Burrell graduate is 57th woman ever to graduate from elite Army Ranger School
Lower Burrell native Samantha Shepherd graduated from the legendarily rigorous Army Ranger School late last year to become just the 57th woman and first Army Medical Officer to do so.
“I’m just really grateful for my opportunity to go to ranger school,” said Shepherd, who lives in Nashville and is based at nearby Fort Campbell, where she is a first lieutenant Army Medical Services officer for the 101st Airborne Division.
“It wasn’t pleasant, but I am happy,” she said.
During the training, she schlepped 80 pounds of gear around and ate only two meals a day, losing 25 pounds in the process. Army Ranger School is one of the toughest training courses a soldier can volunteer for, according to the Army. These specially trained soldiers are the Army’s “premier direct-action raid force.”
The first woman successfully graduated from the elite program in 2016, according to the Army Times.

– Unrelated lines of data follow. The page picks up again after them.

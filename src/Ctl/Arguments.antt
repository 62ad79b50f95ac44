-- ===== src/Ctl/Arguments.antt =====
-- rsmu_ctl/rsmu_ctl.c: the arguments of commands, and the names of commands.
use Prim.Native.String.{String}
use Prim.Native.Char.{code}
use linux_ptp_driver_package.Prelude.{
  ℕ, Option, none, some, Bool, true, false, ◌&&◌, List, [], ◌∷◌, ◌==◌, if◌then◌else◌,
}
use linux_ptp_driver_package.Ctl.Parse.{get_ranged_uint, parsed_ok, malformed, out_of_range}

-- The base that `strtoul` finds out by itself.
abbrev pub base_decimal : ℕ
base_decimal = 0

abbrev pub base_hexadecimal : ℕ
base_hexadecimal = 16

-- `none` is the return of -2.
abbrev pub handle_uint : ℕ → ℕ → ℕ → List ℕ → Option ℕ
handle_uint min max base arg = elim (get_ranged_uint arg min max base) [
  | parsed_ok n ↦ some n
  | malformed ↦ none
  | out_of_range ↦ none
]

unfoldable pub handle_dpll_arg : List ℕ → Option ℕ
handle_dpll_arg = handle_uint 0 7 base_decimal

unfoldable pub handle_clock_index_arg : List ℕ → Option ℕ
handle_clock_index_arg = handle_uint 0 15 base_decimal

unfoldable pub handle_offset_arg : List ℕ → Option ℕ
handle_offset_arg = handle_uint 0 0x20120000 base_hexadecimal

unfoldable pub handle_count_arg : List ℕ → Option ℕ
handle_count_arg = handle_uint 1 255 base_decimal

unfoldable pub handle_num_entries_arg : List ℕ → Option ℕ
handle_num_entries_arg = handle_uint 0 19 base_decimal

unfoldable pub handle_pri_arg : List ℕ → Option ℕ
handle_pri_arg = handle_uint 0 18 base_decimal

unfoldable pub handle_mode_arg : List ℕ → Option ℕ
handle_mode_arg = handle_uint 0 3 base_decimal

unfoldable pub handle_enable_arg : List ℕ → Option ℕ
handle_enable_arg = handle_uint 0 1 base_decimal

unfoldable pub handle_tdc_arg : List ℕ → Option ℕ
handle_tdc_arg = handle_uint 0 3 base_decimal

unfoldable pub handle_write_val_arg : List ℕ → Option ℕ
handle_write_val_arg = handle_uint 0 255 base_hexadecimal

-- The entries of `all_commands`.
pub data Command : Type 0 where
  get_current_clock_index : Command
  get_ffo : Command
  get_reference_monitor_status : Command
  get_state : Command
  rd : Command
  set_clock_priorities : Command
  set_combo_mode : Command
  set_holdover_mode : Command
  set_output_tdc_go : Command
  wait : Command
  wr : Command

-- The bytes of an ASCII text.
abbrev pub codes : String → List ℕ
codes String.[] = []
codes (String.◌∷◌ c s) = code c ∷ codes s

abbrev pub all_commands : List (List ℕ × Command)
all_commands =
    (codes "get_current_clock_index", get_current_clock_index)
    ∷ (codes "get_ffo", get_ffo)
    ∷ (codes "get_reference_monitor_status", get_reference_monitor_status)
    ∷ (codes "get_state", get_state)
    ∷ (codes "rd", rd)
    ∷ (codes "set_clock_priorities", set_clock_priorities)
    ∷ (codes "set_combo_mode", set_combo_mode)
    ∷ (codes "set_holdover_mode", set_holdover_mode)
    ∷ (codes "set_output_tdc_go", set_output_tdc_go)
    ∷ (codes "wait", wait)
    ∷ (codes "wr", wr)
    ∷ []

-- `!strncmp(name, command, strlen(command))`.
unfoldable pub starts_with : List ℕ → List ℕ → Bool
starts_with name [] = true
starts_with [] (c ∷ cs) = false
starts_with (a ∷ name) (c ∷ cs) = let rest = starts_with name cs in (a == c) && rest

-- The loop of `get_command_function`: the last entry that the name starts with.
unfoldable pub find_command : List ℕ → List (List ℕ × Command) → Option Command → Option Command
find_command name [] cmd = cmd
find_command name ((entry, function) ∷ entries) cmd =
    find_command name entries (if starts_with name entry then some function else cmd)

unfoldable pub get_command_function : List ℕ → Option Command
get_command_function name = find_command name all_commands none

unfoldable pub name_is_a_command : List ℕ → Bool
name_is_a_command name = elim (get_command_function name) [ none ↦ false | some cmd ↦ true ]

Shepherd, 25, is a 2014 Burrell graduate who completed the arduous training in two months in late 2020 on her first try. After Burrell, she graduated from the Virginia Military Institute in 2018 and entered the Army as a second lieutenant.

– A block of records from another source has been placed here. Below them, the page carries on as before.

-- ===== src/Misc/Cm.antt =====
-- drivers/misc/rsmu_cm.c: the operations of the character device on a ClockMatrix chip.
pub mod Fields
pub mod Priorities
pub mod PriorityCells
pub mod PriorityRegisters
pub mod Setup
use linux_ptp_driver_package.Clockmatrix.State.{FwVersion, v520, v487, v_default, fw_reg}
use linux_ptp_driver_package.Prelude.{
  ◌+◌, ◌-◌, ◌*◌, ◌/◌, ◌%◌, ◌^◌, ℕ, zero, suc, bit_and, bit_or, Bool, false, ◌&&◌, ◌||◌, not, Option,
  none, some, List, [], ◌∷◌, if◌then◌else◌, ◌==◌, ltb, leb, get_or, length,
}
use linux_ptp_driver_package.Prelude.Int.{ℤ, s64, signed, ◌*ℤ◌, pos, negsuc}
use linux_ptp_driver_package.Bus.Regmap.{Regmap, read_byte, write_byte}
use linux_ptp_driver_package.Bus.{M, ok, throw, ◌>>=◌, fail, pure, get, ◌>>◌, put}
use linux_ptp_driver_package.Clockmatrix.Registers.{
  dpll, dpll_ctrl, general_status, dpll_v520, maj_rel, dpll_mode_reg, status, min_rel,
  dpll_mode_v520, hotfix_rel,
}
use linux_ptp_driver_package.Clockmatrix.Setup.{le_number}
use linux_ptp_driver_package.Bus.Errno.{einval}

-- The part of `struct rsmu_cdev` and `struct rsmucm` that the operations use, with the chip.
pub record Rsmu (Dev : Type 0) : Type 0 where
  pub fw_version : FwVersion
  pub dev : Dev

-- The offsets of registers from the bases of their blocks.
abbrev pub dpll_ctrl_combo_master_cfg : ℕ
dpll_ctrl_combo_master_cfg = 0x003a

abbrev pub combo_master_hold : ℕ
combo_master_hold = 0x01

abbrev pub e_combomode_max : ℕ
e_combomode_max = 4

abbrev pub output_tdc : List ℕ
output_tdc = 0x2010cd00 ∷ 0x2010cd08 ∷ 0x2010cd10 ∷ 0x2010cd18 ∷ []

abbrev pub output_tdc_ctrl_4 : ℕ
output_tdc_ctrl_4 = 0x0006

abbrev pub output_tdc_ctrl_4_v520 : ℕ
output_tdc_ctrl_4_v520 = 0x0007

abbrev pub dpll0_status : ℕ
dpll0_status = 0x0018

abbrev pub dpll0_ref_status : ℕ
dpll0_ref_status = 0x0022

abbrev pub dpll0_filter_status : ℕ
dpll0_filter_status = 0x0044

abbrev pub in0_mon_status : ℕ
in0_mon_status = 0x0008

abbrev pub dpll_ref_priority_0 : ℕ
dpll_ref_priority_0 = 0x000f

abbrev pub dpll_ref_status_mask : ℕ
dpll_ref_status_mask = 0x1f

abbrev pub max_electrical_references : ℕ
max_electrical_references = 16

abbrev pub max_ref_priorities : ℕ
max_ref_priorities = 19

abbrev pub max_priority_group : ℕ
max_priority_group = 3

-- `get_dpll_reg_offset` and `get_dpll_ctrl_reg_offset`; `none` is the return of -EINVAL.
unfoldable pub get_dpll_reg_offset : FwVersion → ℕ → Option ℕ
get_dpll_reg_offset fw n = if ltb n 8 then some (get_or (fw_reg fw dpll dpll_v520) n 0) else none

unfoldable pub get_dpll_ctrl_reg_offset : ℕ → Option ℕ
get_dpll_ctrl_reg_offset n = if ltb n 8 then some (get_or dpll_ctrl n 0) else none

-- The version that three numbers mean here.
unfoldable pub version_of : ℕ → ℕ → FwVersion
version_of major minor =
    if leb 5 major && leb 2 minor
    then v520
    else if (major == 4) && leb 8 minor
    then v487
    else v_default

-- `enum rsmu_class_state`, of the state of a DPLL.
unfoldable pub class_state : ℕ → ℕ
class_state state =
    if state == 0
    then 1
    else if (state == 1) || (state == 2)
    then 2
    else if state == 3
    then 4
    else if state == 4
    then 5
    else 9

-- `reg` with the state mode forced to holdover, or automatic.
unfoldable pub with_holdover : Bool → ℕ → ℕ
with_holdover enable reg = if enable then bit_or (bit_and reg 0xF8) 3 else bit_and reg 0xF8

-- `sign_extend64(get_unaligned_le64(buf), 47) * 111` of six bytes.
unfoldable pub ffo_of : List ℕ → ℤ
ffo_of buf = s64 (signed 48 (le_number buf % 2 ^ 48) *ℤ pos 111)

-- `struct rsmu_priority_entry`.
pub record PriorityEntry : Type 0 where
  pub clock_index : ℕ
  pub priority : ℕ

-- The priority of the entry after this one, if there is one.
abbrev pub next_priority : List PriorityEntry → Option ℕ
next_priority [] = none
next_priority (e ∷ es) = some e.priority

abbrev pub is_some_of : Option ℕ → ℕ → Bool
is_some_of none n = false
is_some_of (some m) n = m == n

-- The group of an entry, and the group number that is carried on: the same as before for the
-- priority of the entry before, a new one for the priority of the entry after, else none (0).
unfoldable pub group_of : Option ℕ → ℕ → ℕ → List PriorityEntry → ℕ × ℕ
group_of prev_priority prev_group priority rest =
    if is_some_of prev_priority priority
    then (prev_group, prev_group)
    else if is_some_of (next_priority rest) priority
    then if ltb prev_group max_priority_group
      then (prev_group + 1, prev_group + 1)
      else (0, prev_group)
    else (0, prev_group)

-- The byte of a priority register: enabled, with its reference and group.
abbrev pub priority_byte : ℕ → ℕ → ℕ
priority_byte clock_index group = bit_or (bit_or 1 (clock_index * 2)) (group * 2 ^ 6) % 256

module _ {Dev : Type 0} (regmap : Regmap Dev) where
  abbrev pub on_rsmu : {A : Type 0} → M Dev A → M (Rsmu Dev) A
  on_rsmu m s = elim (m s.dev) [
    | ok a d ↦ ok a (record s { dev = d })
    | fail e d ↦ fail e (record s { dev = d })
  ]

  unfoldable pub read_reg : ℕ → M (Rsmu Dev) ℕ
  read_reg a = on_rsmu (read_byte regmap a)

  unfoldable pub write_reg : ℕ → ℕ → M (Rsmu Dev) (Unit {0})
  write_reg a v = on_rsmu (write_byte regmap a v)

  abbrev pub or_einval : {A : Type 0} → Option A → M (Rsmu Dev) A
  or_einval none = throw einval
  or_einval (some a) = pure a

  unfoldable pub get_fw_version : M (Rsmu Dev) (Unit {0})
  get_fw_version = do
    major ← read_reg (general_status + maj_rel)
    minor ← read_reg (general_status + min_rel)
    hotfix ← read_reg (general_status + hotfix_rel)
    s ← get
    put (record s { fw_version = version_of (major / 2) minor })

  unfoldable pub rsmu_cm_set_combomode : ℕ → ℕ → M (Rsmu Dev) (Unit {0})
  rsmu_cm_set_combomode n mode = do
    base ← or_einval (get_dpll_ctrl_reg_offset n)
    if leb e_combomode_max mode then throw einval else (do
      reg ← read_reg (base + dpll_ctrl_combo_master_cfg)
      write_reg (base + dpll_ctrl_combo_master_cfg) (
          if mode == 0
          then bit_and reg (0xFF - combo_master_hold)
          else bit_or reg combo_master_hold))

  unfoldable pub rsmu_cm_set_holdover_mode : ℕ → ℕ → M (Rsmu Dev) (Unit {0})
  rsmu_cm_set_holdover_mode n enable = do
    s ← get
    base ← or_einval (get_dpll_reg_offset s.fw_version n)
    let a = base + fw_reg s.fw_version dpll_mode_reg dpll_mode_v520
    reg ← read_reg a
    let on = not (enable == 0)
    if bit_and reg 0x7 == (if on then 3 else 0) then pure tt else write_reg a (with_holdover on reg)

  -- The byte that a failed read leaves in `reg` is unknown: `stale` stands for it.
  unfoldable pub rsmu_cm_set_output_tdc_go : ℕ → ℕ → ℕ → M (Rsmu Dev) (Unit {0})
  rsmu_cm_set_output_tdc_go stale tdc enable s =
      if leb 4 tdc
      then fail einval s
      else (let a =
            get_or output_tdc tdc 0
            + fw_reg s.fw_version output_tdc_ctrl_4 output_tdc_ctrl_4_v520 in
          let go =
            λ (reg : ℕ). write_reg a (if enable == 0 then bit_and reg 0xFE else bit_or reg 0x01) in
          elim (read_reg a s) [ ok reg t ↦ go reg t | fail e t ↦ go stale t ])

  unfoldable pub rsmu_cm_get_dpll_state : ℕ → M (Rsmu Dev) ℕ
  rsmu_cm_get_dpll_state n =
      if ltb 8 n
      then throw einval
      else (do reg ← read_reg (status + dpll0_status + n); pure (class_state (bit_and reg 0xf)))

  unfoldable pub rsmu_cm_get_dpll_ffo : ℕ → M (Rsmu Dev) ℤ
  rsmu_cm_get_dpll_ffo n = if ltb 8 n then throw einval else (do
    buf ← on_rsmu (regmap.bulk_read (status + (dpll0_filter_status + n * 8)) 6)
    pure (ffo_of buf))

  -- -1 where no electrical reference is selected.
  unfoldable pub rsmu_cm_get_clock_index : ℕ → M (Rsmu Dev) ℤ
  rsmu_cm_get_clock_index n = if ltb 8 n then throw einval else (do
    reg ← read_reg (status + dpll0_ref_status + n)
    let ref = bit_and reg dpll_ref_status_mask
    pure (if ltb (max_electrical_references - 1) ref then negsuc 0 else pos ref))

  -- The first loop, from entry `index` on: the registers of the entries that are given.
  unfoldable pub set_entries : ℕ → ℕ → Option ℕ → ℕ → List PriorityEntry → M (Rsmu Dev) (Unit {0})
  set_entries base index prev_priority prev_group [] = pure tt
  set_entries base index prev_priority prev_group (e ∷ es) =
      let (group, carried) = group_of prev_priority prev_group e.priority es in
      let rest = set_entries base (index + 1) (some e.priority) carried es in
      if leb max_electrical_references e.clock_index || leb max_ref_priorities e.priority
      then throw einval
      else (write_reg (base + dpll_ref_priority_0 + index) (priority_byte e.clock_index group)
          >> rest)

  -- The second loop: the registers of the other `left` priorities are disabled.
  unfoldable pub clear_entries : ℕ → ℕ → ℕ → M (Rsmu Dev) (Unit {0})
  clear_entries base index zero = pure tt
  clear_entries base index (suc left) =
      let rest = clear_entries base (index + 1) left in
      write_reg (base + dpll_ref_priority_0 + index) 0 >> rest

  -- Writing the mode register back makes the priorities take effect.
  unfoldable pub rsmu_cm_set_clock_priorities : ℕ → List PriorityEntry → M (Rsmu Dev) (Unit {0})
  rsmu_cm_set_clock_priorities n entries = do
    s ← get
    base ← or_einval (get_dpll_reg_offset s.fw_version n)
    if ltb max_ref_priorities (length entries) then throw einval else (do
      let a = base + fw_reg s.fw_version dpll_mode_reg dpll_mode_v520
      set_entries base 0 none 0 entries
      clear_entries base (length entries) (max_ref_priorities - length entries)
      reg ← read_reg a
      write_reg a reg)

  -- The alarms for loss of signal, no activity and frequency offset.
  unfoldable pub rsmu_cm_get_reference_monitor_status : ℕ → M (Rsmu Dev) (ℕ × ℕ × ℕ)
  rsmu_cm_get_reference_monitor_status clock_index =
      if leb max_electrical_references clock_index then throw einval else (do
        reg ← read_reg (status + in0_mon_status + clock_index)
        pure (bit_and reg 1, bit_and (reg / 2) 1, bit_and (reg / 4) 1))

“She’s the 57th woman at a time when there are hundreds of men going through the training,” said her mother, Lynn Shepherd, of Peters Township, Washington County. “She was going through the swamp and climbing mountains with her bare hands and with an 80-pound rucksack, and she is only about 100 pounds.”
Shepherd, who entered the Rangers as an officer, decided to voluntarily go through the grueling training at Fort Benning, Ga.
“I don’t know what finally clicked,” Shepherd said. “I would say, ‘I don’t need this.’ Then one day, I was tired of being intimidated by a school, and I forced myself into it.”
At first, Shepherd said she was unnerved about shaving her head and the fear of failure. As she got into the training, Shepherd said, “I had other things on my mind, other things you can fail. Shaving my head became the least of my worries.”
The first physical assessment included 49 push-ups, 59 sit-ups, six pull-ups and a 5-mile run. That was before Shepherd hit land and water combat training carrying an 80-pound pack, known as a rucksack, during her waking hours and into the night.
Shepherd trained in extreme conditions, from the mountains of the Appalachian Trail to the swamps of Florida, carrying equipment and dealing with hunger after long training outings.
“There was one night when we got 45 minutes of sleep,” she said. “You become so depleted from lack of sleep or food. It’s not exhaustion; it’s beyond exhaustion.”
The exhaustion gave way to endurance for the arduous foot trips, surprising Shepherd. “I learned about the ability the body has to withstand extreme conditions,” she said.
Burrell principal John Boylan remembered Shepherd, who played soccer, as a “gritty, motivated student-athlete who had an inner drive that few students possess. She made countless sacrifices while being a kind, witty and endearing young lady.”
Shepherd always had the drive, her mother said.
“Her accomplishment is a good example of, if you really want to, you can accomplish anything you want,” she said.
Samantha’s father is a retired U.S. Army veteran, and her brother Daniel is heading to the Navy in February.